Pour la nutritionniste et nutritionniste Sylvie Dolhabaratz, « D’une manière générale, les applications minceur sont des calculatrices de calories. Manger 500 calories de gâteau n’est pas la même chose que manger 500 calories de haricots verts et de steak. Il y a un effet de matrice alimentaire : l’apport en fibres a un effet différent sur notre corps que de ne pas manger de fibres. » Dans la plupart de ces applications, il n’y a pas de notion d’équilibre nutritionnel, encore moins de prévention des aliments ultra-transformés. Cependant, de nombreuses études ont montré un lien entre leur consommation et l’obésité. Les fabricants simplifient à outrance les conseils nutritionnels.
risque psychologique
« Le risque de ces applis, c’est qu’elles deviennent envoûtantes, addictives. Les non avertis suivent de près les recommandations », poursuit la nutritionniste. Pour perdre du poids, les utilisateurs placent tous leurs espoirs dans des applications qui comptent chaque calorie, graisse ou glucides dans leur assiette. La nourriture devient alors une chose calculée, une contrainte plutôt qu’une source de plaisir. Mais consommer moins de calories n’est pas forcément la bonne solution, surtout si l’on ne respecte pas une alimentation équilibrée. Nous savons tous que si vous vous privez trop, vous finirez par craquer. « Notre organisme est complexe et il y a de nombreux facteurs à prendre en compte si l’on veut perdre du poids : sommeil, émotions, psychologie, stress… », précise Sylvie Dolhabaratz. « Des applications comme celle-ci sont mieux utilisées avec un support expert ».
Yuka, Openfoodfact, Nova : Une bonne alternative aux applis de régime ?
En plus des programmes de perte de poids, il existe des applications conçues pour tenir les consommateurs informés des produits qu’ils achètent. Yuka se concentre sur les additifs, Openfoodfact utilise les données de notation Nutri et Nova fournit un indicateur du niveau de transformation des aliments. « Ces applications peuvent être d’excellentes options, tant que vous en avez quelques-unes et que vous ne vous concentrez pas dessus pour éviter l’addiction », prévient la nutritionniste. Le risque est de se priver d’aliments diabolisés par les scores de ces logiciels. Par exemple, les consommateurs diront que le beurre et les huiles, et même certains fromages, devraient être exclus parce qu’ils sont considérés comme trop gras, alors qu’ils ont une valeur nutritive.

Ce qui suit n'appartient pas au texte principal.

-- ===== src/Tests/Bots.antt =====
-- The bot: its lines, its sending, and what it exchanges with the server.
use irc.Base.{List, ◌≡◌, ◌↔◌, refl, true, false, [], ◌∷◌, ◌++◌, some, arith}
use irc.Text.{Text, codes, text_eq, int_key}
use irc.Text.Tokens.{is_space}
use irc.Map.{lookup}
use irc.Parser.{parse}
use irc.Client
use irc.Client.{is_control, is_valid_outbound_message}
use irc.Server.{Server, text, line}
use irc.Command.Join.{join_message, is_valid_channel_name}
use irc.Command.Nick.{is_valid_nickname}
use irc.Command.User.{is_valid_username}
use irc.Arguments
use irc.Bot.{
  Address, first_connected, run, bot_nickname, Bot, extract_line, send_line, process_line,
  receive_messages, received, closed_by_server,
}
use irc.Bot.Socket.{Wire, done, raised, blocked, took, interrupted}
use irc.Descriptors.{no_sockets}
use irc.Base.{inr}
use irc.Bot.Descriptors.{held, bot_sockets, bot_sockets_lem}
use irc.Bot.Lines.{extract_line_agrees}
use irc.Bot.Sending.{Part, Sendable, send_line-Part, send_line_done}
use irc.Bot.{Arrival, recv_interrupted}
use irc.Bot.Whole.{whole_lines, process_each}
use irc.Bot.Returning.{receive_messages_done}
use irc.Bot.Drain.{Rested, Read, receive_messages-Read}
use irc.Bot.Exchange.{extract_line-Sendable, extract_line-valid}
use irc.Bot.Registration.{lookup-logged_in, logged_in, enrolled, welcome_line}
use irc.Command.User.{welcome}
use irc.Client.{send_message, is_registered}
use irc.Loop.{bytes, handle_client_read}
use irc.Bot.Reading.{reading}
use irc.Bot.Admission.{welcomed}
use irc.Bot.Handshake.{send_login, sent_bytes, lookup-sent_login}
use irc.Bot.Names.{Newcomer}
use irc.Bot.Greeting.{announcement, greeting, process_line-announcement}
use irc.Bot.Reply.{greeting-parsed}
use irc.Tests.States.{user_at, alice, bob, empty_server}

abbrev helper : Bot
helper = record {
  host = codes "127.0.0.1";
  port = 6667;
  password = codes "secret";
  channel = codes "#lobby";
  receive_buffer = codes "PING :a\r\nPRIVMSG bob :hi\r\n";
}

abbrev slow_wire : Wire
slow_wire = record {
  answers = took 1 ∷ interrupted ∷ took 1 ∷ took 1 ∷ took 1 ∷ took 1 ∷ [];
  sent = codes "NICK a\r\n";
}

hello-Sendable : Sendable (codes "HI")
hello-Sendable = record { some_byte = refl; short = ground arith; clean = refl }

bob-Newcomer : Newcomer bob (codes "#lobby")
unfolding is_valid_nickname is_valid_username is_valid_channel_name text_eq text
bob-Newcomer = record {
  nickname_valid = refl;
  username_valid = refl;
  name_valid = refl;
  no_bot = refl;
}

extract_line_agrees_example :
    (((extract_line helper).0 ≡ done (some (codes "PING :a")))
      ↔ ((Client.extract_line alice).0 ≡ some (codes "PING :a")))
    × ((extract_line helper).0 ≡ done (some (codes "PING :a"))
        → (extract_line helper).1.receive_buffer ≡ (Client.extract_line alice).1.recv_buffer)
extract_line_agrees_example = extract_line_agrees helper alice (codes "PING :a") refl

send_line-Part_example :
    Part
      (codes "HI" ++ text "\r\n")
      slow_wire.sent
      (send_line (codes "HI") slow_wire).0
      (send_line (codes "HI") slow_wire).1.sent
    × ((send_line (codes "HI") slow_wire).0 ≡ done tt → Sendable (codes "HI"))
send_line-Part_example = send_line-Part (codes "HI") slow_wire

send_line_done_example :
    ((send_line (codes "HI") slow_wire).0 ≡ done tt)
    × ((send_line (codes "HI") slow_wire).1.sent ≡ slow_wire.sent ++ (codes "HI" ++ text "\r\n"))
    × (is_valid_outbound_message (codes "HI" ++ text "\r\n") ≡ true)
send_line_done_example = send_line_done (codes "HI") slow_wire hello-Sendable (ground arith)

abbrev quiet : Bot
quiet = record helper { receive_buffer = codes "PI" }

abbrev ping_arrivals : List Arrival
ping_arrivals = received (codes "NG :a\r\nPI") ∷ recv_interrupted ∷ closed_by_server ∷ []

abbrev pong_wire : Wire
pong_wire = record { answers = took 600 ∷ []; sent = [] }

abbrev pong_sent : Wire
pong_sent = record { answers = []; sent = codes "PONG :a\r\n" }

quiet_end : receive_messages ping_arrivals quiet pong_wire ≡ (done quiet, pong_sent)
unfolding receive_messages irc.Bot.receive_chunk irc.Bot.process_lines irc.Bot.extract_line
    irc.Bot.process_line send_line irc.Bot.send_rest line text irc.Text.find_byte irc.Text.strip_cr
    irc.Text.starts_with
quiet_end = refl

receive_messages-Read_example :
    Read quiet (codes "PING :a\r\nPI") pong_wire quiet pong_sent × Rested quiet
unfolding irc.Bot.Whole.arrived
receive_messages-Read_example =
    receive_messages-Read ping_arrivals quiet pong_wire (refl, ground arith) quiet_end

quiet_reaction :
    process_each quiet.channel (whole_lines [] (codes "PING :a\r\nPI")) pong_wire
    ≡ (done tt, pong_sent)
unfolding irc.Bot.process_line send_line irc.Bot.send_rest line text irc.Text.strip_cr
    irc.Text.starts_with process_each whole_lines
quiet_reaction = refl

receive_messages_done_example :
    (b : Bot) × (receive_messages ping_arrivals quiet pong_wire ≡ (done b, pong_sent))
unfolding irc.Bot.Whole.arrived irc.Bot.Returning.Fits irc.Bot.Returning.all_clean
    irc.Bot.Whole.last_part irc.Text.strip_cr
receive_messages_done_example =
    receive_messages_done ping_arrivals quiet pong_wire (refl, ground arith)
      (ground arith, refl, tt) quiet_reaction

extract_line-Sendable_example :
    Client.extract_line (user_at 4 (codes "ft_bot") (codes "HI\r\nNICK")) ≡ (
      some (codes "HI"),
      record (user_at 4 (codes "ft_bot") (codes "HI\r\nNICK")) { recv_buffer = codes "NICK" },
    )
unfolding text
extract_line-Sendable_example =
    extract_line-Sendable (codes "HI") (codes "NICK")
      (user_at 4 (codes "ft_bot") (codes "HI\r\nNICK")) hello-Sendable refl

extract_line-valid_example :
    extract_line (record helper { receive_buffer = codes "HI\r\nPI" })
    ≡ (done (some (codes "HI")), record helper { receive_buffer = codes "PI" })
unfolding text is_valid_outbound_message
extract_line-valid_example =
    extract_line-valid (codes "HI") (codes "PI")
      (record helper { receive_buffer = codes "HI\r\nPI" }) refl refl

abbrev fresh : Client.Client
fresh = record (user_at 6 [] []) { pass_ok = false; nick_set = false; user_set = false }

abbrev door : Server
door = record empty_server { clients = (6, fresh) ∷ [] }

lookup-logged_in_example :
    (lookup 6 (logged_in 6 door).clients
      ≡ some (send_message (welcome (enrolled fresh)) (enrolled fresh)))
    × (is_registered (enrolled fresh) ≡ true)
    × ((enrolled fresh).nickname ≡ bot_nickname)
    × (welcome (enrolled fresh) ≡ welcome_line ++ text "\r\n")
    × (process_line (codes "#lobby") welcome_line
        ≡ send_line (line (text "JOIN " ∷ codes "#lobby" ∷ [])))
unfolding lookup Arguments.is_valid_password irc.Text.find_byte irc.Server.find_client_by_nick
    irc.Server.find_nick text text_eq irc.Text.Casemap.to_irc_lower_case
lookup-logged_in_example =
    lookup-logged_in 6 fresh door (codes "#lobby") refl refl refl refl refl refl

process_line-announcement_example :
    (join_message bob (codes "#lobby") ≡ announcement bob (codes "#lobby") ++ text "\r\n")
    × (process_line (codes "#lobby") (announcement bob (codes "#lobby"))
        ≡ send_line (greeting (codes "#lobby") bob.nickname))
process_line-announcement_example = process_line-announcement bob (codes "#lobby") bob-Newcomer

greeting-parsed_example :
    Sendable (greeting (codes "#lobby") bob.nickname)
    × (parse (greeting (codes "#lobby") bob.nickname) ≡ record {
      prefix = [];
      command = text "PRIVMSG";
      params = codes "#lobby" ∷ (text "Hello @" ++ bob.nickname) ∷ [];
    })
unfolding is_space
greeting-parsed_example = greeting-parsed bob (codes "#lobby") bob-Newcomer refl refl

abbrev refusing : Address
refusing = record { socket = some 3; connects = false }

abbrev taking : Address
taking = record { socket = some 4; connects = true }

-- The first address refuses the connection, and the second takes it.
bot_sockets_lem_example :
    bot_sockets true (inr (refusing ∷ taking ∷ [])) (closed_by_server ∷ []) helper slow_wire
    ≡ (elim (run true (inr (refusing ∷ taking ∷ [])) (closed_by_server ∷ []) helper slow_wire).0 [
      | done rested ↦ no_sockets
      | raised why ↦ no_sockets
      | blocked ↦ held (first_connected (refusing ∷ taking ∷ []))
    ])
bot_sockets_lem_example =
    bot_sockets_lem true (inr (refusing ∷ taking ∷ [])) (closed_by_server ∷ []) helper slow_wire

-- The password line in two pieces, and the two others whole.
abbrev quick_wire : Wire
quick_wire = record {
  answers = took 5 ∷ interrupted ∷ took 600 ∷ took 600 ∷ took 600 ∷ [];
  sent = [];
}

sent_quickly : (send_login (codes "secret") quick_wire).0 ≡ done tt
unfolding send_line irc.Bot.send_rest irc.Bot.pass_line irc.Bot.nick_line irc.Bot.user_line line
    text
sent_quickly = refl

lookup-sent_login_example :
    (lookup 6 (handle_client_read 6 (bytes (sent_bytes (codes "secret") quick_wire)) door).clients
      ≡ some (welcomed (reading [] fresh)))
    × (is_registered (enrolled fresh) ≡ true)
    × ((enrolled fresh).nickname ≡ bot_nickname)
unfolding lookup Arguments.is_valid_password irc.Text.find_byte irc.Server.find_client_by_nick
    irc.Server.find_nick text text_eq irc.Text.Casemap.to_irc_lower_case
lookup-sent_login_example =
    lookup-sent_login 6 fresh door quick_wire sent_quickly refl refl refl refl refl refl refl refl
      refl refl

Les applications, comme Nutri Score, ne tiennent pas compte de la proportion avalée.
« Le problème avec Nutri Score et les applications qui l’utilisent, c’est que les fabricants se sont adaptés si rapidement. Ils ont remplacé le sucre par d’autres types de glucides et ajouté des vitamines et des minéraux pour augmenter le score. La poudre de cacao finit donc par obtenir un Nutri Note de B, même si c’est très doux et ultra travaillé », regrette Sylvie Dolhabaratz. Ces applications ne peuvent que rattraper l’éducation et la disparition de la culture alimentaire et ouvrir le champ aux industriels.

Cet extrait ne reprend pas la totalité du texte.